Investors Pour Money into Startups Killing the Data Center Firewall
Micro-segmentation company Guardicore raised $60 million this week, but it’s not alone.
May 23, 2019
This week, Guardicore, a cloud and data center security startup that specializes in a cybersecurity technique called micro-segmentation, announced $60 million in new funding, bringing its total funding to $110 million.
And it’s not alone. Investors have been pouring money into new security technologies that help companies get away from outdated and increasingly inadequate firewalls in their data centers and shift to flexible, software-defined, cloud-native networking security and segmentation platforms.
According to industry research group Owler, the top ten players in this market have raised $750 million altogether.
"What people were doing previously was leveraging perimeter-based firewall technology and virtual local area networks to create network segments," Dave Burton, VP of marketing at Guardicore, said. "This is becoming increasingly difficult due to the rate of change – and it's almost impossible to do in public cloud, because you don't have access to the underlying infrastructure."
Micro-segmentation prevents attackers from moving laterally, from system to system, greatly shrinking the potential attack surface.
There's an added compliance benefit. For example, a company can isolate health care data that falls under HIPAA regulations on its own network segment, separate from normal user access. Companies with payment systems that fall under PCI regulations can segment out the card-data environment.
Guardicore's service is delivered via the cloud. Instead of buying network appliances, customers install lightweight agents or hypervisor components. The data collected can then flow into the company's security information and event management (SIEM) system.
The setup process is ten to twenty times faster than traditional approaches, Burton said, and keeping up with changing environments is also significantly easier.
The system works across multiple cloud environments, including Amazon Web Services, Microsoft Azure, Oracle Cloud Infrastructure, and Google Cloud Platform. It can also be deployed in on-premises enterprise data centers.
"You need to have a way to do this in a software-defined fashion so that as workloads change, or are added, your security policies can follow that workload wherever it is," said Burton.
Customers are typically large and mid-sized enterprises that use the platform to protect their data centers. They include Deutsche Bank, Frontier Airlines, Spain's Santander Bank, and Tivo.
The multi-cloud approach Guardicore and its competitors are taking is particularly important today, said Derek Brost, director of professional services for security at InterVision Systems, a Santa Clara, California-based technology consulting firm.
Otherwise, data center managers are stuck trying to juggle different technologies.
"In order not to have to keep track of the VMware method, the AWS method, the Cisco method, etcetera, it can be very advantageous to bring the micro-segmentation technology away from just the network and pull it down to the individual endpoint systems," he said.
When choosing a platform for hybrid and multi-cloud data center environments, this kind of capability is essential, he said.
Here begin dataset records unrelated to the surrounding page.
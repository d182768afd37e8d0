-- ===== src/Writer/Prepared.antt =====
-- A segment that is sealed holds the objects that it was sealed with, in order, and is prepared for the
-- chain that the sealer establishes.
use external_database_audit.Base.{
  ℕ, suc, ◌≡◌, ◌∙◌, refl, ap, sym, subst, String, Bool, List, [], ◌∷◌, arith,
}
use external_database_audit.Base.Lists.{length, get_elem?}
use external_database_audit.Base.Platform.{Platform}
use external_database_audit.Base.Result.{Result, ok, err, >>=-eq-ok}
use external_database_audit.Canonical.Json.{CanonicalError}
use external_database_audit.Cce.{Cce}
use external_database_audit.Cce.Order.{
  Order, less, same, greater, place, compare_cce, insert_cce, order_cces,
}
use external_database_audit.Writer.Establish.Consistent.{AreRefs, IsPrepared}
use external_database_audit.Evidence.Manifest.Exact.{IsIdOf}
use external_database_audit.Writer.Sealing.{
  OpenSegment, SealTrigger, count, last_of, object_refs, sealed_with,
}

length-object_refs :
    (db segment : String) (i : ℕ) (cs : List Cce) → length (object_refs db segment i cs) ≡ length cs
unfolding object_refs
length-object_refs db segment i [] = refl
length-object_refs db segment i (c ∷ cs) = ap suc (length-object_refs db segment (suc i) cs)

AreRefs-object_refs :
    (db segment : String) (i : ℕ) (cs : List Cce) → AreRefs i (object_refs db segment i cs) cs
unfolding object_refs
AreRefs-object_refs db segment i [] = tt
AreRefs-object_refs db segment i (c ∷ cs) = (refl, refl, AreRefs-object_refs db segment (suc i) cs)

last-object_refs :
    (db segment : String) (i : ℕ) (c : Cce) (cs : List Cce)
    → IsIdOf (last_of c cs).envelope_id (get_elem? (object_refs db segment i (c ∷ cs)) (length cs))
unfolding object_refs
last-object_refs db segment i c [] = refl
last-object_refs db segment i c (d ∷ cs) = last-object_refs db segment (suc i) d cs

pub IsPrepared-sealed_with :
    (seg : OpenSegment) (trigger : SealTrigger) (closed_at : String) (c : Cce) (cs : List Cce)
    → IsPrepared (sealed_with seg trigger closed_at c cs).input
unfolding sealed_with object_refs
IsPrepared-sealed_with seg trigger closed_at c cs = record {
  filled = omega (arith, length-object_refs seg.db_id seg.segment_id 0 (c ∷ cs));
  counted = sym (length-object_refs seg.db_id seg.segment_id 0 (c ∷ cs));
  refs = AreRefs-object_refs seg.db_id seg.segment_id 0 (c ∷ cs);
  first_id = refl;
  last_id =
      subst
        (λ n.
          IsIdOf (last_of c cs).envelope_id
            (get_elem? (object_refs seg.db_id seg.segment_id 0 (c ∷ cs)) n))
        (omega (arith, length-object_refs seg.db_id seg.segment_id 0 (c ∷ cs)))
        (last-object_refs seg.db_id seg.segment_id 0 c cs);
}

module _ (js : Platform) (p : Cce → Bool) where
  count-place :
      (a b : Cce) (cs : List Cce) (later : Result CanonicalError (List Cce)) (o : Order)
      (ds : List Cce)
      → ((es : List Cce) → later ≡ ok es → count p es ≡ count p (a ∷ cs))
      → place a b cs later o ≡ ok ds
      → count p ds ≡ count p (a ∷ b ∷ cs)
  count-place a b cs later less ds ih placed = let e : a ∷ b ∷ cs ≡ ds = cc in ap (count p) (sym e)
  count-place a b cs later same ds ih placed = let e : a ∷ b ∷ cs ≡ ds = cc in ap (count p) (sym e)
  count-place a b cs (err e) greater ds ih placed = cc
  count-place a b cs (ok es) greater ds ih placed =
      let e : b ∷ es ≡ ds = cc in ap (count p) (sym e) ∙ omega (arith, ih es refl)

  pub count-insert :
      (a : Cce) (cs ds : List Cce) → insert_cce js a cs ≡ ok ds → count p ds ≡ count p (a ∷ cs)
  unfolding insert_cce
  count-insert a [] ds sorted = let e : a ∷ [] ≡ ds = cc in ap (count p) (sym e)
  count-insert a (b ∷ cs) ds sorted =
      let (o, compared, placed) =
        >>=-eq-ok (compare_cce js a b) (place a b cs (insert_cce js a cs)) sorted in
      count-place a b cs (insert_cce js a cs) o ds (λ es e. count-insert a cs es e) placed

  pub count-order : (cs ds : List Cce) → order_cces js cs ≡ ok ds → count p ds ≡ count p cs
  unfolding order_cces
  count-order [] ds sorted = let e : [] ≡ ds = cc in ap (count p) (sym e)
  count-order (a ∷ cs) ds sorted =
      let (rest, e, f) = >>=-eq-ok (order_cces js cs) (insert_cce js a) sorted in
      omega (arith, count-insert a rest ds f, count-order cs rest e)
Data centers should also choose platforms that allow for granular policy-based security controls with reliable orchestration methods, he added, "and which provide meaningful visibility and analytics for audit and iterative improvement."
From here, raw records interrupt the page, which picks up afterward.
-- ===== src/Writer/Accumulator/Takes.antt =====
-- Sealing an open segment takes it out of the accumulator with all its objects.
use external_database_audit.Base.{
  ◌+◌, ◌≡◌, refl, ap, sym, subst, String, Bool, true, List, [], ◌∷◌, str_eq, eq_iff, if◌then◌else◌,
  arith,
}
use external_database_audit.Base.Dict
use external_database_audit.Base.Dict.{Dict, get-set, get-delete}
use external_database_audit.Base.Lists.{length}
use external_database_audit.Base.Platform.{Platform}
use external_database_audit.Base.Result.{Result, ok, err}
use external_database_audit.Canonical.Json.{CanonicalError}
use external_database_audit.Cce.{Cce}
use external_database_audit.Cce.Order.{order_cces}
use external_database_audit.Writer.Establish.Consistent.{IsPrepared}
use external_database_audit.Writer.Prepared.{IsPrepared-sealed_with, count-order}
use external_database_audit.Writer.Sealing.{OpenSegment, SealReady, SealTrigger, count, sealed_with}
use external_database_audit.Writer.Accumulator.{Accumulator, next_of, seal_ordered, seal}
use external_database_audit.Writer.Accumulator.Shape.{IsMap, IsMap-delete, IsSound}

-- what it is to seal an open segment
pub record Takes (seg : OpenSegment) (acc left : Accumulator) (s : SealReady) : Type 0 where
  pub opened : left.opened ≡ Dict.delete seg.db_id acc.opened
  pub next_seq : left.next_seq ≡ Dict.set seg.db_id (seg.segment_sequence + 1) acc.next_seq
  pub objects : (p : Cce → Bool) → count p s.input.objects ≡ count p seg.objects
  pub prepared : IsPrepared s.input
  pub counted : s.input.event_count ≡ length seg.objects
  pub db_id : s.input.db_id ≡ seg.db_id
  pub sequence : s.input.segment_sequence ≡ seg.segment_sequence

pub length-count : (cs : List Cce) → count (λ c. true) cs ≡ length cs
length-count [] = refl
length-count (c ∷ cs) = omega (arith, length-count cs)

seal_ordered-Takes :
    (js : Platform) (seg : OpenSegment) (trigger : SealTrigger) (closed_at : String)
    (ordered : Result CanonicalError (List Cce)) (acc left : Accumulator) (s : SealReady)
    → ((cs : List Cce) → ordered ≡ ok cs → (p : Cce → Bool) → count p cs ≡ count p seg.objects)
    → seal_ordered js seg trigger closed_at ordered acc ≡ ok (left, s)
    → Takes seg acc left s
unfolding seal_ordered sealed_with
seal_ordered-Takes js seg trigger closed_at (err e) acc left s same done = absurd (cc)
seal_ordered-Takes js seg trigger closed_at (ok []) acc left s same done = absurd (cc)
seal_ordered-Takes js seg trigger closed_at (ok (c ∷ cs)) acc left s same done =
    let made = sealed_with seg trigger closed_at c cs in
    let e : made ≡ s = cc in
    let without : Accumulator = record {
      opened = Dict.delete seg.db_id acc.opened;
      next_seq = Dict.set seg.db_id (seg.segment_sequence + 1) acc.next_seq;
    } in
    let f : without ≡ left = cc in
    let counts = same (c ∷ cs) refl in
    subst (λ a. Takes seg acc a s) f
      (subst (λ t. Takes seg acc without t) e
        (record {
          opened = refl;
          next_seq = refl;
          objects = counts;
          prepared = IsPrepared-sealed_with seg trigger closed_at c cs;
          counted =
              omega (arith, counts (λ x. true), length-count (c ∷ cs), length-count seg.objects);
          db_id = refl;
          sequence = refl;
        }))

pub seal-Takes :
    (js : Platform) (seg : OpenSegment) (trigger : SealTrigger) (closed_at : String)
    (acc left : Accumulator) (s : SealReady)
    → seal js seg trigger closed_at acc ≡ ok (left, s)
    → Takes seg acc left s
unfolding seal
seal-Takes js seg trigger closed_at acc left s done =
    seal_ordered-Takes js seg trigger closed_at (order_cces js seg.objects) acc left s
      (λ cs e p. count-order js p seg.objects cs e) done

pub next_of-Takes :
    (seg : OpenSegment) (acc left : Accumulator) (s : SealReady) (k : String)
    → Takes seg acc left s
    → next_of k left ≡ (if str_eq seg.db_id k then seg.segment_sequence + 1 else next_of k acc)
next_of-Takes seg acc left s k t = rw t.next_seq (
    ground (arith, eq_iff seg.db_id k, get-set seg.db_id k (seg.segment_sequence + 1) acc.next_seq))

pub Takes-IsSound :
    (seg : OpenSegment) (acc left : Accumulator) (s : SealReady)
    → Takes seg acc left s
    → IsSound acc
    → IsSound left
Takes-IsSound seg acc left s t sound = record {
  distinct = subst IsMap (sym t.opened) (IsMap-delete seg.db_id acc.opened sound.distinct);
  keyed = λ k u held.
      ground (arith, get-delete seg.db_id k acc.opened, sound.keyed k u, ap (Dict.get k) t.opened);
  numbered = λ k u held. ground (
    arith,
    get-delete seg.db_id k acc.opened,
    sound.numbered k u,
    ap (Dict.get k) t.opened,
    next_of-Takes seg acc left s k t,
  );
}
According to Forrester analyst Chase Cunningham, the more mature organizations are leading the way in deploying this technology.
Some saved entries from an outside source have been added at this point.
-- ===== src/Writer/Accumulator/Keeping.antt =====
-- What it is for calls to keep every object: nothing is lost or held twice, and what is sealed is ready.
use external_database_audit.Base.{
  ℕ, ◌+◌, ◌≤◌, ◌<◌, ◌≡◌, ◌∙◌, refl, ap, sym, subst, inl, inr, String, Bool, true, false, some, List,
  [], ◌∷◌, ◌++◌, str_eq, eq_iff, if◌then◌else◌, arith, Bool-cases,
}
use external_database_audit.Base.Dict
use external_database_audit.Base.Dict.{Dict, get-set, get-delete}
use external_database_audit.Base.Lists.{length, All, All-append}
use external_database_audit.Base.Platform.{Platform}
use external_database_audit.Base.Result.{ok, >>=-eq-ok}
use external_database_audit.Cce.{Cce}
use external_database_audit.Writer.Establish.Consistent.{IsPrepared}
use external_database_audit.Writer.Sealing.{OpenSegment, SealReady, SealTrigger, count}
use external_database_audit.Writer.Accumulator.{Accumulator, next_of, seal, seal_then, Called}
use external_database_audit.Writer.Accumulator.Shape.{total, total-delete, IsSound}
use external_database_audit.Writer.Accumulator.Takes.{
  Takes, seal-Takes, Takes-IsSound, next_of-Takes,
}

abbrev pub count_sealed : (Cce → Bool) → List SealReady → ℕ
count_sealed p [] = 0
count_sealed p (s ∷ ss) = count p s.input.objects + count_sealed p ss

-- prepared for the sealer, and no larger than the cap
abbrev pub IsReady : ℕ → SealReady → Type 0
IsReady limit s = IsPrepared s.input × (s.input.event_count ≤ limit)

-- the segments of a database bear the numbers from the first on, up to the second
abbrev pub Numbered : String → ℕ → ℕ → List SealReady → Type 0
Numbered db n m [] = n ≡ m
Numbered db n m (s ∷ ss) =
    let here = (s.input.segment_sequence ≡ n) × Numbered db (n + 1) m ss in
    let elsewhere = Numbered db n m ss in if str_eq s.input.db_id db then here else elsewhere

Numbered-append :
    (db : String) (n m k : ℕ) (ss ts : List SealReady)
    → Numbered db n m ss
    → Numbered db m k ts
    → Numbered db n k (ss ++ ts)
Numbered-append db n m k [] ts e h = subst (λ x. Numbered db x k ts) (sym e) h
Numbered-append db n m k (s ∷ ss) ts g h =
    elim (str_eq s.input.db_id db)
        as (λ b.
          (if b
            then ((s.input.segment_sequence ≡ n) × Numbered db (n + 1) m ss)
            else Numbered db n m ss)
          → (if b
              then ((s.input.segment_sequence ≡ n) × Numbered db (n + 1) k (ss ++ ts))
              else Numbered db n k (ss ++ ts))) [
                | true ↦ λ (e, r). (e, Numbered-append db (n + 1) m k ss ts r h)
                | false ↦ λ r. Numbered-append db n m k ss ts r h
              ]
      g

-- what some calls do, that admit the extra objects
pub record Keeps (limit : ℕ) (extra : List Cce) (acc left : Accumulator) (out : List SealReady)
    : Type 0 where
  pub conserved :
      (p : Cce → Bool)
      → total p left.opened + count_sealed p out ≡ total p acc.opened + count p extra
  pub ready : All (IsReady limit) out
  pub numbered : (db : String) → Numbered db (next_of db acc) (next_of db left) out

count_sealed-append :
    (p : Cce → Bool) (ss ts : List SealReady)
    → count_sealed p (ss ++ ts) ≡ count_sealed p ss + count_sealed p ts
count_sealed-append p [] ts = omega arith
count_sealed-append p (s ∷ ss) ts = omega (arith, count_sealed-append p ss ts)

pub count-append :
    (p : Cce → Bool) (cs ds : List Cce) → count p (cs ++ ds) ≡ count p cs + count p ds
count-append p [] ds = omega arith
count-append p (c ∷ cs) ds = omega (arith, count-append p cs ds)

pub Keeps-append :
    (limit : ℕ) (xs ys : List Cce) (a b c : Accumulator) (ss ts : List SealReady)
    → Keeps limit xs a b ss
    → Keeps limit ys b c ts
    → Keeps limit (xs ++ ys) a c (ss ++ ts)
Keeps-append limit xs ys a b c ss ts f g = record {
  conserved = λ p.
      omega
        (arith, count_sealed-append p ss ts, count-append p xs ys, f.conserved p, g.conserved p);
  ready = All-append (IsReady limit) ss ts f.ready g.ready;
  numbered = λ db.
      Numbered-append db (next_of db a) (next_of db b) (next_of db c) ss ts (f.numbered db)
        (g.numbered db);
}

Keeps-none : (limit : ℕ) (a : Accumulator) → Keeps limit [] a a []
Keeps-none limit a = record { conserved = λ p. refl; ready = tt; numbered = λ db. refl }

Numbered-one :
    (db : String) (n m : ℕ) (s : SealReady)
    → (str_eq s.input.db_id db ≡ true → (s.input.segment_sequence ≡ n) × (n + 1 ≡ m))
    → (str_eq s.input.db_id db ≡ false → n ≡ m)
    → Numbered db n m (s ∷ [])
Numbered-one db n m s here elsewhere =
    elim (str_eq s.input.db_id db)
        as (λ b.
          str_eq s.input.db_id db ≡ b
          → (if b then ((s.input.segment_sequence ≡ n) × (n + 1 ≡ m)) else (n ≡ m))) [
            | true ↦ here
            | false ↦ elsewhere
          ]
      refl

pub Takes-Keeps :
    (limit : ℕ) (seg : OpenSegment) (acc left : Accumulator) (s : SealReady)
    → Takes seg acc left s
    → IsSound acc
    → Dict.get seg.db_id acc.opened ≡ some seg
    → length seg.objects ≤ limit
    → Keeps limit [] acc left (s ∷ [])
Takes-Keeps limit seg acc left s t sound held small = record {
  conserved = λ p. ground (
    arith,
    t.objects p,
    total-delete p seg.db_id acc.opened sound.distinct,
    ap (total p) t.opened,
  );
  ready = ((t.prepared, omega (arith, t.counted)), tt);
  numbered = λ db.
      Numbered-one db (next_of db acc) (next_of db left) s
        (λ e.
          let k : seg.db_id ≡ db = sym t.db_id ∙ (eq_iff s.input.db_id db).0 e in
          let n : seg.segment_sequence ≡ next_of db acc =
            sound.numbered seg.db_id seg held ∙ ap (λ x. next_of x acc) k in
          (
            t.sequence ∙ n,
            ground (arith, n, next_of-Takes seg acc left s db t, eq_iff seg.db_id db),
          ))
        (λ e. ground (
          arith,
          t.db_id,
          next_of-Takes seg acc left s db t,
          eq_iff seg.db_id db,
          eq_iff s.input.db_id db,
        ));
}

-- every open segment has objects, and fewer than the cap
abbrev pub Fits : ℕ → Accumulator → Type 0
Fits limit acc =
    (k : String) (s : OpenSegment)
    → Dict.get k acc.opened ≡ some s
    → (0 < length s.objects) × (length s.objects < limit)

pub Takes-Fits :
    (limit : ℕ) (seg : OpenSegment) (acc left : Accumulator) (s : SealReady)
    → Takes seg acc left s
    → ((k : String) (u : OpenSegment)
        → str_eq seg.db_id k ≡ false
        → Dict.get k acc.opened ≡ some u
        → (0 < length u.objects) × (length u.objects < limit))
    → Fits limit left
Takes-Fits limit seg acc left s t others k u held = elim (Bool-cases (str_eq seg.db_id k)) [
  | inl same ↦ absurd (ground (arith, get-delete seg.db_id k acc.opened, ap (Dict.get k) t.opened))
  | inr other ↦
      others k u other (ground (arith, get-delete seg.db_id k acc.opened, ap (Dict.get k) t.opened))
]

-- some calls that keep the invariant and every object
pub record IsKeeping (limit : ℕ) (extra : List Cce) (acc left : Accumulator) (out : List SealReady)
    : Type 0 where
  pub sound : IsSound left
  pub fits : Fits limit left
  pub keeps : Keeps limit extra acc left out

pub IsKeeping-append :
    (limit : ℕ) (xs ys : List Cce) (a b c : Accumulator) (ss ts : List SealReady)
    → IsKeeping limit xs a b ss
    → IsKeeping limit ys b c ts
    → IsKeeping limit (xs ++ ys) a c (ss ++ ts)
IsKeeping-append limit xs ys a b c ss ts f g = record {
  sound = g.sound;
  fits = g.fits;
  keeps = Keeps-append limit xs ys a b c ss ts f.keeps g.keeps;
}

pub IsKeeping-none :
    (limit : ℕ) (a : Accumulator) → IsSound a → Fits limit a → IsKeeping limit [] a a []
IsKeeping-none limit a sound fits = record {
  sound = sound;
  fits = fits;
  keeps = Keeps-none limit a;
}

-- calls that leave everything as it is
pub IsKeeping-idle :
    (limit : ℕ) (acc left : Accumulator) (out : List SealReady)
    → IsSound acc
    → Fits limit acc
    → ◌≡◌ {A = Called} (ok (acc, [])) (ok (left, out))
    → IsKeeping limit [] acc left out
IsKeeping-idle limit acc left out sound fits done =
    let same_left : acc ≡ left = cc in
    let same_out : [] ≡ out = cc in
    subst (λ a. IsKeeping limit [] acc a out) same_left
      (subst (IsKeeping limit [] acc acc) same_out (IsKeeping-none limit acc sound fits))

-- a segment is sealed, and then more is
pub seal_then-parts :
    (js : Platform) (seg : OpenSegment) (trigger : SealTrigger) (closed_at : String)
    (acc last : Accumulator) (out : List SealReady) (next : Accumulator → Called)
    → seal_then js seg trigger closed_at acc next ≡ ok (last, out)
    → (left : Accumulator) × (s : SealReady) × (more : List SealReady) × Takes seg acc left s
      × (next left ≡ ok (last, more))
      × (s ∷ more ≡ out)
unfolding seal_then
seal_then-parts js seg trigger closed_at acc last out next done =
    let ((left, s), sealed, e) = >>=-eq-ok (seal js seg trigger closed_at acc) _ done in
    let ((end, more), continued, f) = >>=-eq-ok (next left) _ e in
    let g : end ≡ last = cc in
    (
      left,
      s,
      more,
      seal-Takes js seg trigger closed_at acc left s sealed,
      continued ∙ ap (λ (a : Accumulator). ok (a, more)) g,
      cc,
    )

-- an open segment is sealed, and what follows keeps every object too
pub seal_then-IsKeeping :
    (js : Platform) (limit : ℕ) (seg : OpenSegment) (trigger : SealTrigger) (closed_at : String)
    (extra : List Cce) (acc last : Accumulator) (out : List SealReady) (next : Accumulator → Called)
    → IsSound acc
    → Fits limit acc
    → Dict.get seg.db_id acc.opened ≡ some seg
    → seal_then js seg trigger closed_at acc next ≡ ok (last, out)
    → ((left : Accumulator) (s : SealReady) (more : List SealReady)
        → Takes seg acc left s
        → IsSound left
        → Fits limit left
        → next left ≡ ok (last, more)
        → IsKeeping limit extra left last more)
    → IsKeeping limit extra acc last out
seal_then-IsKeeping js limit seg trigger closed_at extra acc last out next sound fits held done
      follows =
    let (left, s, more, t, continued, same) =
      seal_then-parts js seg trigger closed_at acc last out next done in
    let still = Takes-IsSound seg acc left s t sound in
    let small = Takes-Fits limit seg acc left s t (λ k u other h. fits k u h) in
    let taken : IsKeeping limit [] acc left (s ∷ []) = record {
      sound = still;
      fits = small;
      keeps =
          Takes-Keeps limit seg acc left s t sound held
            (omega (arith, (fits seg.db_id seg held).1));
    } in
    subst (IsKeeping limit extra acc last) same (
      IsKeeping-append limit [] extra acc left last (s ∷ []) more taken
        (follows left s more t still small continued))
"But it's gaining ground across the industry," he said. "It should mean that it's easier for data center managers to have command and control of their infrastructure and greater capability to dial in security based on granular controls."
And there's been substantial interest from investors, he added. "We've probably seen a few hundred million dollars worth of investment in this particular area in the last 12 months."
The news also illustrates a trend toward delivering enterprise security via a SaaS model, said Alex Young, VP of engineering at Cloud Academy.
Last month, for example, there was a $70 million funding round for Expanse, another cloud-based security vendor, bringing its total funding to $135 million.
"Both of these companies are providing increased and proactive solutions for managing an increasing threat from cyberattacks, both external and on network," he said. "At the same time, we see larger plays on the network side like Cloudflare, which closed a $150 million round this month to expand its active threat prevention offerings."
The data center security market is ripe for disruption, said Guardicore's Burton.
"There's transformation and change happening in the data center," he said. "There's more virtualization in on-prem data centers, and more hybrid deployments, often times multi-cloud."
Deutsche Bank, for example, is using Guardicore to protect critical assets both on premises and in the cloud, Alan Meirzon, director of the chief information security office at Deutsche Bank, said in a statement.
"Guardicore gives us an effective way to protect our critical assets through segmentation," he said.
Microsegmentation is also a key step toward building zero-trust networks, or, as Gartner calls it, "continuous adaptive risk and trust assessment," or CARTA
According to Gartner, by 2020, 25 percent of new digital business initiatives will adopt a CARTA approach, up from less than 5 percent in 2017.
And the first step, Gartner says, is deploying context-aware, adaptive, and programmable security platforms.